Third Party Identity Providers

Authentication, identity management and access control are critical components of many cloud services. Claims-based access is typically used for SSO (single sign-on) solutions in enterprise environments that use WS-Federation, SAML, and WS-Trust, but has not been an option for REST-based cloud services.

ACS (Access Control Service) is a Windows Azure service that handles authentication and access control logic for applications deployed to Windows Azure. It implements WRAP (Web Resource Authentication Protocol), a REST-friendly protocol that developers can use to request compact Simple Web Tokens (SWTs) from ACS and then use those tokens to control access to REST services.

Many developers don’t want to take on the burden of managing identity information, and most users already have an identity from their on-premises network or a third party such as Office 365, Google, Facebook, Yahoo!, or others. ACS simplifies authentication, identity management, and access control for both developers and users, by making it possible for Windows Azure applications and services to reliably and easily accept on-premise identities or off-premise identities from trusted third party identity providers.

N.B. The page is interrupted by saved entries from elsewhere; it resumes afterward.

-- ===== src/Map/Search.antt =====
-- common/map.c: `_gen_server_x_and_y` finds an exact decomposition if there is one.
use native.Mathlib.Decide.{ℕ_discrete, dec_le, dec_lt}
use native.Mathlib.Nat.{mod-eq_of_lt}
use cfio.Prelude.{
  ℕ, zero, suc, ◌+◌, ◌-◌, ◌*◌, ◌%◌, ◌<◌, ◌≤◌, ◌≡◌, ◌≢◌, refl, sym, ◌∙◌, ap, ◌⊎◌, inl, inr, subst,
  none, some, List, length, arith,
}
use cfio.Map.{Scan}
use cfio.Map.Exact.{walk_step, walk}
use cfio.Map.Divisors.{nth, IsFactors, mul_le_left}

module _ (fx fy : List ℕ) (best : ℕ) where
  -- The product that the round looks at.
  abbrev product : Scan → ℕ
  product s = nth fx s.index_x * nth fy (s.rows - 1)

  abbrev OpenAt : Scan → Type 0
  OpenAt s = (s.index_x < length fx) × (0 < s.rows)

  walk_exact :
      (fuel : ℕ) (s : Scan)
      → OpenAt s
      → product s ≡ best
      → walk (suc fuel) fx fy best s
        ≡ record s { min_sub = 0; min_index = some (s.index_x, s.rows) }
  unfolding walk walk_step
  walk_exact fuel s o e = ground arith

  walk_end :
      (fuel : ℕ) (s : Scan) → (length fx ≤ s.index_x) ⊎ (s.rows ≡ 0) → walk fuel fx fy best s ≡ s
  unfolding walk
  walk_end zero s o = refl
  walk_end (suc fuel) s o = ground arith

  -- Where a round moves to.
  moved : Scan → Scan
  unfolding walk_step
  moved s = (walk_step fx fy best s).1

  walk-moved :
      (fuel : ℕ) (s : Scan)
      → OpenAt s
      → product s ≢ best
      → walk (suc fuel) fx fy best s ≡ walk fuel fx fy best (moved s)
  unfolding walk moved
  walk-moved fuel s o e = ground arith

  moved_right :
      (s : Scan)
      → product s < best
      → ((moved s).index_x ≡ s.index_x + 1)
        × ((moved s).rows ≡ s.rows)
        × ((moved s).min_sub ≡ s.min_sub)
        × (s.min_sub ≤ best - product s → (moved s).min_index ≡ s.min_index)
  unfolding moved
  moved_right s h = (ground arith, ground arith, ground arith, λ k. ground arith)

  moved_down :
      (s : Scan)
      → best < product s
      → ((moved s).index_x ≡ s.index_x)
        × ((moved s).rows ≡ s.rows - 1)
        × ((moved s).min_sub ≡ s.min_sub)
  unfolding moved
  moved_down s h = (ground arith, ground arith, ground arith)

mul_lt_left : (a b c : ℕ) → 0 < a → b < c → a * b < a * c
mul_lt_left a b c h k = grind arith

mul_le_both : (a b c d : ℕ) → a ≤ c → b ≤ d → a * b ≤ c * d
mul_le_both a b c d h k = grind arith

pub divisor_le : (n d : ℕ) → 0 < n → n % d ≡ 0 → d ≤ n
divisor_le n d pos h = elim (dec_le d n) [
  | yes p ↦ p
  | no q ↦ absurd (omega (arith, mod-eq_of_lt {n = n} {m = d} (omega arith)))
]

module _ (cx cy : ℕ) (fx fy : List ℕ) (best : ℕ) (pos_x : 0 < cx) (pos_y : 0 < cy)
    (hx : IsFactors cx fx) (hy : IsFactors cy fy) where
  -- All exact decompositions lie where the search has not been; and where the tolerance would accept
  -- any difference, no difference was small enough to be noted.
  pub record Going (s : Scan) : Type 0 where
    pub cols : s.index_x ≤ length fx
    pub rows : s.rows ≤ length fy
    pub sub : s.min_sub ≡ cx * cy
    pub left :
        (p q : ℕ)
        → p < length fx
        → q < length fy
        → nth fx p * nth fy q ≡ best
        → (s.index_x ≤ p) × (q < s.rows)
    pub unset : 5 * (cx * cy) < 2 * best → s.min_index ≡ none

  pub record Found (s : Scan) : Type 0 where
    pub sub : s.min_sub ≡ 0
    pub x : ℕ
    pub rows : ℕ
    pub index : s.min_index ≡ some (x, rows)
    pub col : x < length fx
    pub row : 0 < rows
    pub high : rows ≤ length fy
    pub exact : nth fx x * nth fy (rows - 1) ≡ best

  pub record Missed (s : Scan) : Type 0 where
    pub sub : s.min_sub ≡ cx * cy
    pub none_exact : (p q : ℕ) → p < length fx → q < length fy → nth fx p * nth fy q ≢ best
    pub unset : 5 * (cx * cy) < 2 * best → s.min_index ≡ none

  product_le : (s : Scan) → Going s → OpenAt fx fy best s → product fx fy best s ≤ cx * cy
  product_le s g (o, r) =
      mul_le_both (nth fx s.index_x) (nth fy (s.rows - 1)) cx cy
        (divisor_le cx (nth fx s.index_x) pos_x (hx.divides s.index_x o).1)
        (divisor_le cy (nth fy (s.rows - 1)) pos_y
          (hy.divides (s.rows - 1) (omega (arith, g.rows))).1)

  -- A product that is too small rules out its column, one that is too large its row.
  right_left :
      (s : Scan)
      → Going s
      → OpenAt fx fy best s
      → product fx fy best s < best
      → (p q : ℕ) → p < length fx
      → q < length fy
      → nth fx p * nth fy q ≡ best
      → (s.index_x + 1 ≤ p) × (q < s.rows)
  right_left s g (o, r) h p q lp lq e =
      let (lo, hi) = g.left p q lp lq e in
      elim (ℕ_discrete p s.index_x) [
        | no ne ↦ (omega arith, hi)
        | yes same ↦
            let le : nth fy q ≤ nth fy (s.rows - 1) =
              entry_le q (s.rows - 1) (omega arith) (omega (arith, g.rows)) in
            let m = mul_le_left (nth fx s.index_x) (nth fy q) (nth fy (s.rows - 1)) le in
            absurd (omega (arith, ap (λ t. nth fx t * nth fy q) same))
      ]
    where
      entry_le : (j k : ℕ) → j ≤ k → k < length fy → nth fy j ≤ nth fy k
      entry_le j k le lt = elim (ℕ_discrete j k) [
        | yes same ↦ omega (arith, ap (nth fy) same)
        | no ne ↦ omega (arith, hy.ascending j k (omega arith) lt)
      ]

  down_left :
      (s : Scan)
      → Going s
      → OpenAt fx fy best s
      → best < product fx fy best s
      → (p q : ℕ) → p < length fx
      → q < length fy
      → nth fx p * nth fy q ≡ best
      → (s.index_x ≤ p) × (q < s.rows - 1)
  down_left s g (o, r) h p q lp lq e =
      let (lo, hi) = g.left p q lp lq e in
      elim (ℕ_discrete q (s.rows - 1)) [
        | no ne ↦ (lo, omega arith)
        | yes same ↦
            let le : nth fx s.index_x ≤ nth fx p = entry_le s.index_x p lo lp in
            let m =
              mul_le_both (nth fx s.index_x) (nth fy (s.rows - 1)) (nth fx p) (nth fy (s.rows - 1))
                le (omega arith) in
            absurd (omega (arith, ap (λ t. nth fx p * nth fy t) same))
      ]
    where
      entry_le : (j k : ℕ) → j ≤ k → k < length fx → nth fx j ≤ nth fx k
      entry_le j k le lt = elim (ℕ_discrete j k) [
        | yes same ↦ omega (arith, ap (nth fx) same)
        | no ne ↦ omega (arith, hx.ascending j k (omega arith) lt)
      ]

  right_Going :
      (s : Scan)
      → Going s
      → OpenAt fx fy best s
      → product fx fy best s < best
      → Going (moved fx fy best s)
  right_Going s g (o, r) h =
      let (ex, er, es, en) = moved_right fx fy best s h in
      record {
        cols = omega (arith, ex);
        rows = omega (arith, er, g.rows);
        sub = es ∙ g.sub;
        left = λ p q lp lq e. rw (ex, er) (right_left s g (o, r) h p q lp lq e);
        unset = λ far. en (omega (arith, product_le s g (o, r), g.sub)) ∙ g.unset far;
      }

  down_Going :
      (s : Scan)
      → Going s
      → OpenAt fx fy best s
      → best < product fx fy best s
      → Going (moved fx fy best s)
  down_Going s g (o, r) h =
      let (ex, er, es) = moved_down fx fy best s h in
      record {
        cols = omega (arith, ex);
        rows = omega (arith, er, g.rows);
        sub = es ∙ g.sub;
        left = λ p q lp lq e. rw (ex, er) (down_left s g (o, r) h p q lp lq e);
        unset = λ far. absurd (omega (arith, product_le s g (o, r)));
      }

  end_Missed : (s : Scan) → Going s → (length fx ≤ s.index_x) ⊎ (s.rows ≡ 0) → Missed s
  end_Missed s g o = record {
    sub = g.sub;
    none_exact = λ p q lp lq e. let (lo, hi) = g.left p q lp lq e in omega arith;
    unset = g.unset;
  }

  Found-here :
      (s : Scan)
      → Going s
      → OpenAt fx fy best s
      → product fx fy best s ≡ best
      → Found (record s { min_sub = 0; min_index = some (s.index_x, s.rows) })
  Found-here s g (o, r) e = record {
    sub = refl;
    x = s.index_x;
    rows = s.rows;
    index = refl;
    col = o;
    row = r;
    high = g.rows;
    exact = e;
  }

  abbrev Ends : Scan → Type 0
  Ends s = Found s ⊎ Missed s

  -- With as many rounds as there are columns and rows left the search ends: at an exact decomposition,
  -- or when there is none.
  pub walk_total :
      (fuel : ℕ) (s : Scan)
      → Going s
      → (length fx - s.index_x) + s.rows ≤ fuel
      → Ends (walk fuel fx fy best s)
  walk_total zero s g f =
      let o : (length fx ≤ s.index_x) ⊎ (s.rows ≡ 0) = inr (omega arith) in
      subst Ends (sym (walk_end fx fy best zero s o)) (inr (end_Missed s g o))
  walk_total (suc fuel) s g f = elim (dec_lt s.index_x (length fx)) [
    | no q ↦
        let o : (length fx ≤ s.index_x) ⊎ (s.rows ≡ 0) = inl (omega arith) in
        subst Ends (sym (walk_end fx fy best (suc fuel) s o)) (inr (end_Missed s g o))
    | yes o ↦ elim (ℕ_discrete s.rows 0) [
      | yes z ↦
          let e : (length fx ≤ s.index_x) ⊎ (s.rows ≡ 0) = inr z in
          subst Ends (sym (walk_end fx fy best (suc fuel) s e)) (inr (end_Missed s g e))
      | no nz ↦
          let at : OpenAt fx fy best s = (o, omega arith) in
          elim (dec_lt (product fx fy best s) best) [
            | yes low ↦
                let (ex, er, _, _) = moved_right fx fy best s low in
                subst Ends (sym (walk-moved fx fy best fuel s at (omega arith))) (
                  walk_total fuel (moved fx fy best s) (right_Going s g at low)
                    (omega (arith, ex, er)))
            | no high ↦ elim (dec_lt best (product fx fy best s)) [
              | yes over ↦
                  let (ex, er, _) = moved_down fx fy best s over in
                  subst Ends (sym (walk-moved fx fy best fuel s at (omega arith))) (
                    walk_total fuel (moved fx fy best s) (down_Going s g at over)
                      (omega (arith, ex, er)))
              | no under ↦
                  let e : product fx fy best s ≡ best = omega arith in
                  subst Ends (sym (walk_exact fx fy best fuel s at e)) (inl (Found-here s g at e))
            ]
          ]
    ]
  ]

This diagram from the MSDN article ACS Architecture shows how it works:


The client application sends the user’s credentials to a trusted identity provider such as Office 365, Facebook, Google, or others, and the identity provider returns a token. The identity provider token is then sent to the ACS Security Token Service (STS) endpoint, which returns an ACS token that can be used to control access to Windows Azure cloud services. STS maps input claims to output claims based on access control rules that the developer has defined.

ACS supports a variety of protocols that allow it to be accessed from any web platform including .NET Framework, WCF, Silverlight, ASP.NET, Java, Python, Ruby, PHP, and Flash.